## [REQUIREMENT]
In the data, extract each line that holds the string "first".

Stored data
((

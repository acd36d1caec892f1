-- ===== src/Service/Runtime/Runnable.antt =====
-- The checks of a configuration before it is applied, against what it needs.
use cpanelde.Prelude.{
  ◌≡◌, ◌≢◌, ◌⊎◌, ◌↔◌, refl, ap, sym, ◌∙◌, Bool, true, false, not, ◌||◌, ◌&&◌, List, [], ◌∷◌, arith,
  Text, Option, none, some, ◌==◌, nat_eq, text_eq, codes, trim_space, is_empty, Map, lookup,
  Bool-cases, inl, inr, eq_of_beq, ==_refl,
}
use cpanelde.Model.Types.{Value, int, int32, int64, float, text, bool, other, CertConfig, NodeSpec}
use cpanelde.Model.Support.{normal, mem_text}
use cpanelde.Service.Runtime.{
  is_blank, string_value, brings_certificate, brings, needs_cert, has_reality, asks_challenge,
  knows_provider, validate_node_runtime, validate_node_runtime-Passes,
}
use cpanelde.Service.Runtime.Needs.{
  NonBlank, NeedsCertificate, hysteria, hysteria2, tuic, anytls, trojan, Brings, self_signed,
  in_content, in_files, over_http, over_dns, Brought, HasText, has_text, Named, HasReality,
  Challenge, Listed, first, later, Runnable,
}

mem_text-Listed : (t : Text) (us : List Text) → mem_text t us ≡ true → Listed t us
mem_text-Listed t [] h = cc
mem_text-Listed t (u ∷ us) h = elim (Bool-cases (t == u)) [
  | inl e ↦ first (eq_of_beq t u e)
  | inr n ↦ later (mem_text-Listed t us (ground (arith, h, n)))
]

Listed-mem_text : (t : Text) (us : List Text) → Listed t us → mem_text t us ≡ true
Listed-mem_text t [] l = elim l [ ]
Listed-mem_text t (u ∷ us) (first e) = rw (e, ==_refl u) refl
Listed-mem_text t (u ∷ us) (later l) = let h = Listed-mem_text t us l in ground (arith, h)

empty_lem : (u : Text) → (is_empty u ≡ false) ↔ (u ≢ [])
empty_lem [] = (λ h. cc, λ n. absurd (n refl))
empty_lem (c ∷ s) = (λ h e. cc, λ n. refl)

filled : (t : Text) → (is_blank t ≡ false) ↔ NonBlank t
filled t = empty_lem (trim_space t)

needs_cert-NeedsCertificate : (spec : NodeSpec) → needs_cert spec ≡ true → NeedsCertificate spec
unfolding needs_cert
needs_cert-NeedsCertificate spec h = elim (Bool-cases (spec.protocol == codes "hysteria")) [
  | inl e ↦ hysteria (eq_of_beq _ _ e)
  | inr a ↦ elim (Bool-cases (spec.protocol == codes "hysteria2")) [
    | inl e ↦ hysteria2 (eq_of_beq _ _ e)
    | inr b ↦ elim (Bool-cases (spec.protocol == codes "tuic")) [
      | inl e ↦ tuic (eq_of_beq _ _ e)
      | inr c ↦ elim (Bool-cases (spec.protocol == codes "anytls")) [
        | inl e ↦ anytls (eq_of_beq _ _ e)
        | inr d ↦ elim (Bool-cases (spec.protocol == codes "trojan")) [
          | inl e ↦ trojan (eq_of_beq _ _ e) (λ two. ground (arith, h, a, b, c, d, two))
          | inr n ↦ absurd (ground (arith, h, a, b, c, d, n))
        ]
      ]
    ]
  ]
]

NeedsCertificate-needs_cert : (spec : NodeSpec) → NeedsCertificate spec → needs_cert spec ≡ true
unfolding needs_cert
NeedsCertificate-needs_cert spec (hysteria e) = rw e refl
NeedsCertificate-needs_cert spec (hysteria2 e) = rw e refl
NeedsCertificate-needs_cert spec (tuic e) = rw e refl
NeedsCertificate-needs_cert spec (anytls e) = rw e refl
NeedsCertificate-needs_cert spec (trojan e n) = rw e (ground (arith, n))

brings_certificate-Brings : (c : CertConfig) → brings_certificate c ≡ true → Brings c
unfolding brings_certificate
brings_certificate-Brings c h = elim (Bool-cases (normal c.cert_mode == codes "self")) [
  | inl e ↦ self_signed (eq_of_beq _ _ e)
  | inr a ↦ elim (Bool-cases (normal c.cert_mode == codes "content")) [
    | inl e ↦
        let both : (is_blank c.cert_content ≡ false) × (is_blank c.key_content ≡ false) =
          ground (arith, h, a, e) in
        in_content (eq_of_beq _ _ e) ((filled _).0 both.0) ((filled _).0 both.1)
    | inr b ↦ elim (Bool-cases (normal c.cert_mode == codes "file")) [
      | inl e ↦
          let both : (is_blank c.cert_file ≡ false) × (is_blank c.key_file ≡ false) =
            ground (arith, h, a, b, e) in
          in_files (eq_of_beq _ _ e) ((filled _).0 both.0) ((filled _).0 both.1)
      | inr d ↦ elim (Bool-cases (normal c.cert_mode == codes "http")) [
        | inl e ↦
            let named : is_blank c.domain ≡ false = ground (arith, h, a, b, d, e) in
            over_http (eq_of_beq _ _ e) ((filled _).0 named)
        | inr n ↦
            let all : ((normal c.cert_mode == codes "dns") ≡ true)
                × (is_blank c.domain ≡ false)
                × (is_blank c.dns_provider ≡ false) =
              ground (arith, h, a, b, d, n) in
            over_dns (eq_of_beq _ _ all.0) ((filled _).0 all.1) ((filled _).0 all.2)
      ]
    ]
  ]
]

Brings-brings_certificate : (c : CertConfig) → Brings c → brings_certificate c ≡ true
unfolding brings_certificate
Brings-brings_certificate c (self_signed e) = rw e refl
Brings-brings_certificate c (in_content e a b) =
    rw (e, (filled c.cert_content).1 a, (filled c.key_content).1 b) refl
Brings-brings_certificate c (in_files e a b) =
    rw (e, (filled c.cert_file).1 a, (filled c.key_file).1 b) refl
Brings-brings_certificate c (over_http e a) = rw (e, (filled c.domain).1 a) refl
Brings-brings_certificate c (over_dns e a b) =
    rw (e, (filled c.domain).1 a, (filled c.dns_provider).1 b) refl

brought_lem : (o : Option CertConfig) → (brings o ≡ true) ↔ Brought o
brought_lem none = (λ h. cc, λ b. cc b.1)
brought_lem (some c) = (
  λ h. (c, refl, brings_certificate-Brings c h),
  λ b. ap brings b.1 ∙ Brings-brings_certificate b.0 b.2,
)

-- A value that is read as a text that is not blank is that text.
value_text :
    (o : Option Value)
    → is_blank (string_value o) ≡ false
    → (t : Text) × (o ≡ some (text t)) × NonBlank t
unfolding trim_space
value_text none h = cc
value_text (some (int z)) h = cc
value_text (some (int32 z)) h = cc
value_text (some (int64 z)) h = cc
value_text (some (float z whole shown)) h = cc
value_text (some (text t)) h = (t, refl, (filled t).0 h)
value_text (some (bool b)) h = cc
value_text (some (other shown)) h = cc

has_text_lem :
    (settings : Map Text Value) (key : Text)
    → (is_blank (string_value (lookup key settings)) ≡ false) ↔ HasText settings key
has_text_lem settings key =
    (λ h. let (t, e, full) = value_text (lookup key settings) h in has_text e full, λ h. reads h)
  where
    reads : HasText settings key → is_blank (string_value (lookup key settings)) ≡ false
    reads (has_text {t} e full) = rw e ((filled t).1 full)

any_of_two :
    {B C : Type 0} (b c : Bool)
    → (b ≡ false) ↔ B
    → (c ≡ false) ↔ C
    → ((not b || not c) ≡ true) ↔ (B ⊎ C)
any_of_two false c p q = (λ h. inl (p.0 refl), λ w. refl)
any_of_two true false p q = (λ h. inr (q.0 refl), λ w. refl)
any_of_two true true p q = (λ h. cc, λ w. elim w [ inl x ↦ cc (p.1 x) | inr y ↦ cc (q.1 y) ])

both_of_two :
    {A B : Type 0} (a b : Bool) → (a ≡ true) ↔ A → (b ≡ true) ↔ B → ((a && b) ≡ true) ↔ (A × B)
both_of_two true b p q = (λ h. (p.0 refl, q.0 h), λ w. q.1 w.1)
both_of_two false b p q = (λ h. cc, λ w. p.1 w.0)

not_lem : {A : Type 0} (a : Bool) → (a ≡ false) ↔ A → (not a ≡ true) ↔ A
not_lem true p = (λ h. cc, λ x. cc (p.1 x))
not_lem false p = (λ h. p.0 refl, λ x. refl)

named_lem : (settings : Map Text Value) → (has_reality (some settings) ≡ true) ↔ Named settings
named_lem settings = both_of_two _ _ (not_lem _ (has_text_lem settings (codes "private_key"))) (
    any_of_two _ _ (has_text_lem settings (codes "server_name"))
      (has_text_lem settings (codes "dest")))

reality_lem : (o : Option (Map Text Value)) → (has_reality o ≡ true) ↔ HasReality o
reality_lem none = (λ h. cc, λ r. cc r.1)
reality_lem (some settings) = (
  λ h. (settings, refl, (named_lem settings).0 h),
  λ r. ap has_reality r.1 ∙ (named_lem r.0).1 r.2,
)

known_lem :
    (is_provider : Text → Bool) (c : CertConfig)
    → (knows_provider is_provider (some c) ≡ true)
      ↔ (NonBlank c.dns_provider × (is_provider (trim_space c.dns_provider) ≡ true))
known_lem is_provider c = both_of_two _ _ (not_lem _ (filled c.dns_provider)) (λ h. h, λ h. h)

certificate_lem :
    (has_cert : Bool) (o : Option CertConfig)
    → ((has_cert || brings o) ≡ true) ↔ ((has_cert ≡ true) ⊎ Brought o)
certificate_lem true o = (λ h. inl refl, λ w. refl)
certificate_lem false o =
    (λ h. inr ((brought_lem o).0 h), λ w. elim w [ inl e ↦ cc | inr b ↦ (brought_lem o).1 b ])

knows_provider-Challenge :
    (is_provider : Text → Bool) (o : Option CertConfig)
    → (asks_challenge o ≡ true → knows_provider is_provider o ≡ true)
    → Challenge is_provider o
knows_provider-Challenge is_provider o h c e asks = (known_lem is_provider c).0 (
    ap (knows_provider is_provider) (sym e)
    ∙ h (ap asks_challenge e ∙ ap (λ m. m == codes "dns") asks))

Challenge-knows_provider :
    (is_provider : Text → Bool) (o : Option CertConfig)
    → Challenge is_provider o
    → asks_challenge o ≡ true
    → knows_provider is_provider o ≡ true
Challenge-knows_provider is_provider none h asks = cc
Challenge-knows_provider is_provider (some c) h asks =
    (known_lem is_provider c).1 (h c refl (eq_of_beq _ _ asks))

-- A configuration passes the checks before it is applied exactly when its protocol is one of the
-- kernel's; a certificate is at hand or comes with it, in a mode whose settings are there, if the
-- protocol is hysteria, hysteria2, tuic or anytls, or trojan without REALITY; with REALITY there
-- are its private key and a server name or a destination; and a DNS challenge names a known
-- provider.
pub validate_node_runtime-Runnable :
    (is_provider : Text → Bool) (supported : List Text) (has_cert : Bool) (spec : NodeSpec)
    → (validate_node_runtime is_provider supported has_cert spec ≡ none)
      ↔ Runnable is_provider supported has_cert spec
validate_node_runtime-Runnable is_provider supported has_cert spec =
    let passes = validate_node_runtime-Passes is_provider supported has_cert spec in
    let cert = certificate_lem has_cert spec.cert_config in
    let real = reality_lem spec.tls_settings in
    (
      λ h.
          let p = passes.0 h in
          record {
            protocol = mem_text-Listed spec.protocol supported p.protocol;
            certificate = λ needs. cert.0 (p.certificate (NeedsCertificate-needs_cert spec needs));
            reality = λ two. real.0 (p.reality (ap (λ n. n == 2) two));
            challenge = knows_provider-Challenge is_provider spec.cert_config p.challenge;
          },
      λ r. passes.1 (record {
        protocol = Listed-mem_text spec.protocol supported r.protocol;
        certificate = λ needs. cert.1 (r.certificate (needs_cert-NeedsCertificate spec needs));
        reality = λ two. real.1 (r.reality (eq_of_beq spec.tls 2 two));
        challenge = Challenge-knows_provider is_provider spec.cert_config r.challenge;
      }),
    )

))

## [ANSWER SECTION]
  Challenge, Listed, first, later, Runnable,
  | inl e ↦ first (eq_of_beq t u e)
Listed-mem_text t (u ∷ us) (first e) = rw (e, ==_refl u) refl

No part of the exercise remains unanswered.